▶ **Entries provided**

========================

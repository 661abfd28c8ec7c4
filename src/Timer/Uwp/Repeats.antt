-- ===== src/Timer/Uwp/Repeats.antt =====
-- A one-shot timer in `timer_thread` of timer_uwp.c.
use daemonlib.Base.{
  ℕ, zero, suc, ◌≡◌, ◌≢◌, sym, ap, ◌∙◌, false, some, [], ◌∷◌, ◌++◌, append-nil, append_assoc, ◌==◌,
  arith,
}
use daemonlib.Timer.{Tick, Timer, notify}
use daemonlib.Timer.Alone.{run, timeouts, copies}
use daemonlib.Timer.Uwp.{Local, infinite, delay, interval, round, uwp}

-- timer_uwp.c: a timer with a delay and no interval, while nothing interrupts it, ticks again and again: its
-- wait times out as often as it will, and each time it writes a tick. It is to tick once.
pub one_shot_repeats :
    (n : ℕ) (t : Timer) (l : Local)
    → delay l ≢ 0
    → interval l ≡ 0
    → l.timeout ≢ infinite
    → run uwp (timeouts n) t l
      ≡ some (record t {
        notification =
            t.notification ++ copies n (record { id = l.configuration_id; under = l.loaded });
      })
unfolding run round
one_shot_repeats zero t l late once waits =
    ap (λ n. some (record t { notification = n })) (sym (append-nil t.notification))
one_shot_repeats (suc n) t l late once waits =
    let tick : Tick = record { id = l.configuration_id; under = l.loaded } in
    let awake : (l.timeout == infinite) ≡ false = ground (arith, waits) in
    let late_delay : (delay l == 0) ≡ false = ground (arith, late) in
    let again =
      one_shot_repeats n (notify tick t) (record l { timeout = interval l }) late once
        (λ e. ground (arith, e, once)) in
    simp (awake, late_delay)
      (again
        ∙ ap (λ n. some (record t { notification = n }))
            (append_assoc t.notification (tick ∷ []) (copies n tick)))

========================

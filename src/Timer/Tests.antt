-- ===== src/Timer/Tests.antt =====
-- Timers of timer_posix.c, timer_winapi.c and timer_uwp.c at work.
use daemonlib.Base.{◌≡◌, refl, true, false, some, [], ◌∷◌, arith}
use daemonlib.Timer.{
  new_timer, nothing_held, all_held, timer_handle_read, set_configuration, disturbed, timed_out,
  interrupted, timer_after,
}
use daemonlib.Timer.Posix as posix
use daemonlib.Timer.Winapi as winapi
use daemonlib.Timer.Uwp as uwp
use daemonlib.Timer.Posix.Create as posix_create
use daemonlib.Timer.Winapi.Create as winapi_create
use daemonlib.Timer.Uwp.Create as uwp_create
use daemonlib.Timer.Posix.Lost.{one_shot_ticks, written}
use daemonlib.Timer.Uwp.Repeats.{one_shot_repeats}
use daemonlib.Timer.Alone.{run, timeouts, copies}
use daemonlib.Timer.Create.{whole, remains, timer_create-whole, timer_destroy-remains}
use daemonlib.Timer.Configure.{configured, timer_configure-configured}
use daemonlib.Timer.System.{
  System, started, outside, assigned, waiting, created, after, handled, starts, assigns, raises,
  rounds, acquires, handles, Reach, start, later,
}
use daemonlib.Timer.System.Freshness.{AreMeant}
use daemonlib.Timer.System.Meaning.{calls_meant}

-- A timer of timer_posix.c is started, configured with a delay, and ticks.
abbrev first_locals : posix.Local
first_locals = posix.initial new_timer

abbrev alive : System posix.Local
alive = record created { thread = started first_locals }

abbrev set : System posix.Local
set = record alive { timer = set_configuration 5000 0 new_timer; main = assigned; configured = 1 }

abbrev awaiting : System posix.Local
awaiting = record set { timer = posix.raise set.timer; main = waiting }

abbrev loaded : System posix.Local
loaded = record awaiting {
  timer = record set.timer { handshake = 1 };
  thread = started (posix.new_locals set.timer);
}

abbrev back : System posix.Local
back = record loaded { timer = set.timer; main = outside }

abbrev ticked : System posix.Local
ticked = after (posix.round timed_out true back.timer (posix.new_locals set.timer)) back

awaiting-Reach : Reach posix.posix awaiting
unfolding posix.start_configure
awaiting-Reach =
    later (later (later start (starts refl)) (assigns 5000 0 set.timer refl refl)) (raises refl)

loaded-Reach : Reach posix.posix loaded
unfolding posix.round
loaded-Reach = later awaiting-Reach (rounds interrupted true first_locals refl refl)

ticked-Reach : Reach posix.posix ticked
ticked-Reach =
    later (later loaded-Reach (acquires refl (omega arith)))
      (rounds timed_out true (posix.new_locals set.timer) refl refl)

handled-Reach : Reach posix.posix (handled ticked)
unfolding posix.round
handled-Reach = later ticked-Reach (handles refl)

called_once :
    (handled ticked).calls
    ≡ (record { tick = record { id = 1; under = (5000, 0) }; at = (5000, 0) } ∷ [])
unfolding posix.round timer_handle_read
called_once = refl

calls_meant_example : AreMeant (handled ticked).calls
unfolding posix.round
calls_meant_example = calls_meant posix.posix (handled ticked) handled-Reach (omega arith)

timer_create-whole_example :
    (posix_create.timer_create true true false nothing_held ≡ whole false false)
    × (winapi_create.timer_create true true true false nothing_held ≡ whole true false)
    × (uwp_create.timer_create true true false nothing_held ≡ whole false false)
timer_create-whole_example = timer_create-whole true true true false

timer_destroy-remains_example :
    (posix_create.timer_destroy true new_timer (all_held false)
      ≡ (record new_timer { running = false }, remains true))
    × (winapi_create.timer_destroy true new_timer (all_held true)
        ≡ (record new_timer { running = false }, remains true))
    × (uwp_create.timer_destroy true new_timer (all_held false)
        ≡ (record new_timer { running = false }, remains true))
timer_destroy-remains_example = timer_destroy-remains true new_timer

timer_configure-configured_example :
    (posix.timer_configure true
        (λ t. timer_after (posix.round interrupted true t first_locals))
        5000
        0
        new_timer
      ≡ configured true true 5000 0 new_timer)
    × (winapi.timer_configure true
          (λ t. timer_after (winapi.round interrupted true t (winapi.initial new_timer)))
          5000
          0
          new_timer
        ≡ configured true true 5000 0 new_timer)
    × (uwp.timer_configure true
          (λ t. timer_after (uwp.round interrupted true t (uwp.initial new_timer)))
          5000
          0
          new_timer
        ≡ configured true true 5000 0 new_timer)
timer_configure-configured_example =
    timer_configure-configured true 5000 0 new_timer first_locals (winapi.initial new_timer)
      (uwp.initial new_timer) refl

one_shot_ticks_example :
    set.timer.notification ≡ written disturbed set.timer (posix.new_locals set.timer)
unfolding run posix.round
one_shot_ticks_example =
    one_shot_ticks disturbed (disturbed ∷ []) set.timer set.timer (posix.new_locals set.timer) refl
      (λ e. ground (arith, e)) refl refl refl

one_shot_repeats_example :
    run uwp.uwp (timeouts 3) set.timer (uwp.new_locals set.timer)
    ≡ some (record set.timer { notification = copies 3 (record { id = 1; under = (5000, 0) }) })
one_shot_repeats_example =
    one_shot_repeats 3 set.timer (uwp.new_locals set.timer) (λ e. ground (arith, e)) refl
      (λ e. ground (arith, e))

========================

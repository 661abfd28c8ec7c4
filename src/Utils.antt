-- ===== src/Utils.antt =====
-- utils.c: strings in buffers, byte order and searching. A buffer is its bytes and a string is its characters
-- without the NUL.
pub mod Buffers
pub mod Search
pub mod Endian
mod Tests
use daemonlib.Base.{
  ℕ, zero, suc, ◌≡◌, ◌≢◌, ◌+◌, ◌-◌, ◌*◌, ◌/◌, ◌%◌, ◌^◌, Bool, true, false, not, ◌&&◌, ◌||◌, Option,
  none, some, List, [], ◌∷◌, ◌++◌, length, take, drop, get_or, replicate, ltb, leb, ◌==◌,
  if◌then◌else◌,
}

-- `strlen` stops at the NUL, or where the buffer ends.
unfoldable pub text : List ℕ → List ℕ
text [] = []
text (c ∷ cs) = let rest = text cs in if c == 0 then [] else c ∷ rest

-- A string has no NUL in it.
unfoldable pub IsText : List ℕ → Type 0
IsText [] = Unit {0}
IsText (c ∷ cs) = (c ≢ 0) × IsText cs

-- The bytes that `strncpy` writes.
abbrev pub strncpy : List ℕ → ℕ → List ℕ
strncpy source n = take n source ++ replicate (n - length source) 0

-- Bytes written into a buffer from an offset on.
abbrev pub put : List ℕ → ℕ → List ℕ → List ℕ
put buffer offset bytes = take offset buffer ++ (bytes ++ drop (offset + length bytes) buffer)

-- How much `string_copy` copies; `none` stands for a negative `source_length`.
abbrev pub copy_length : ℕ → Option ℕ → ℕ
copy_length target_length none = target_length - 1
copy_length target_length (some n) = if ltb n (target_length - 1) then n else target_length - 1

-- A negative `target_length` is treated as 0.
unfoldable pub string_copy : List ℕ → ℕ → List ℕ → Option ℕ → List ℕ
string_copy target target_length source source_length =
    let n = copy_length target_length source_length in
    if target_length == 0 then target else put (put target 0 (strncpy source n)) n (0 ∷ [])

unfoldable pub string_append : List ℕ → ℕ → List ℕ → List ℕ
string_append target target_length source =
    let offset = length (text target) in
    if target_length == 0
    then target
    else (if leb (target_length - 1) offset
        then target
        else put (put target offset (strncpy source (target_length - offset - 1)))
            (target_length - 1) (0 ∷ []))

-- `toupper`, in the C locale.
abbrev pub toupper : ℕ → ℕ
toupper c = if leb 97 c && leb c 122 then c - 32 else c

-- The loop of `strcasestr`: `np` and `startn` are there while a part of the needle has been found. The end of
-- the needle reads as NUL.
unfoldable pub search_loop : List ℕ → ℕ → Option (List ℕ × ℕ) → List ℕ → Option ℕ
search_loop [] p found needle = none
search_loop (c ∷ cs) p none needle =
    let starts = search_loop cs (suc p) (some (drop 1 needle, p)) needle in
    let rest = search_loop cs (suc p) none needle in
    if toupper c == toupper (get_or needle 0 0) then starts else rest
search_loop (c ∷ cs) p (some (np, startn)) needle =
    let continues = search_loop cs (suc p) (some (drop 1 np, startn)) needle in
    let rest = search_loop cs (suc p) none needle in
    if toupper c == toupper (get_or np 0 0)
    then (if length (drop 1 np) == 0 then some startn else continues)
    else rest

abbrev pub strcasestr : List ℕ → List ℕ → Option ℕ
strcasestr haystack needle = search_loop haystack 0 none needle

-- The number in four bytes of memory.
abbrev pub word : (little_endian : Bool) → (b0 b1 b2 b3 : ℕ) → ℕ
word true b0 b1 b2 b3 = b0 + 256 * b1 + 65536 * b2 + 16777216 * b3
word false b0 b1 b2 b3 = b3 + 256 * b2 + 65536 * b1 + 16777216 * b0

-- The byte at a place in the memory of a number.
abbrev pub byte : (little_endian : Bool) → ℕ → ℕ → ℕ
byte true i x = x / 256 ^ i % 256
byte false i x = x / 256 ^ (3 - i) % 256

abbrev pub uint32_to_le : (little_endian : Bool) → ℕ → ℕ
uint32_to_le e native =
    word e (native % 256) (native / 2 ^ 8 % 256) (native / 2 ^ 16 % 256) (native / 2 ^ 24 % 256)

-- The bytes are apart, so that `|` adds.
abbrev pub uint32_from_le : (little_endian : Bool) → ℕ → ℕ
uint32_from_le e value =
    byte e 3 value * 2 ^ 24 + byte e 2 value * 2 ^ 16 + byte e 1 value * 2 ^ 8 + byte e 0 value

========================

▶ **How to complete this task**
Above are some records; copy each line there that contains "disturbed".

▶ **Task result**
  new_timer, nothing_held, all_held, timer_handle_read, set_configuration, disturbed, timed_out,
    set.timer.notification ≡ written disturbed set.timer (posix.new_locals set.timer)
    one_shot_ticks disturbed (disturbed ∷ []) set.timer set.timer (posix.new_locals set.timer) refl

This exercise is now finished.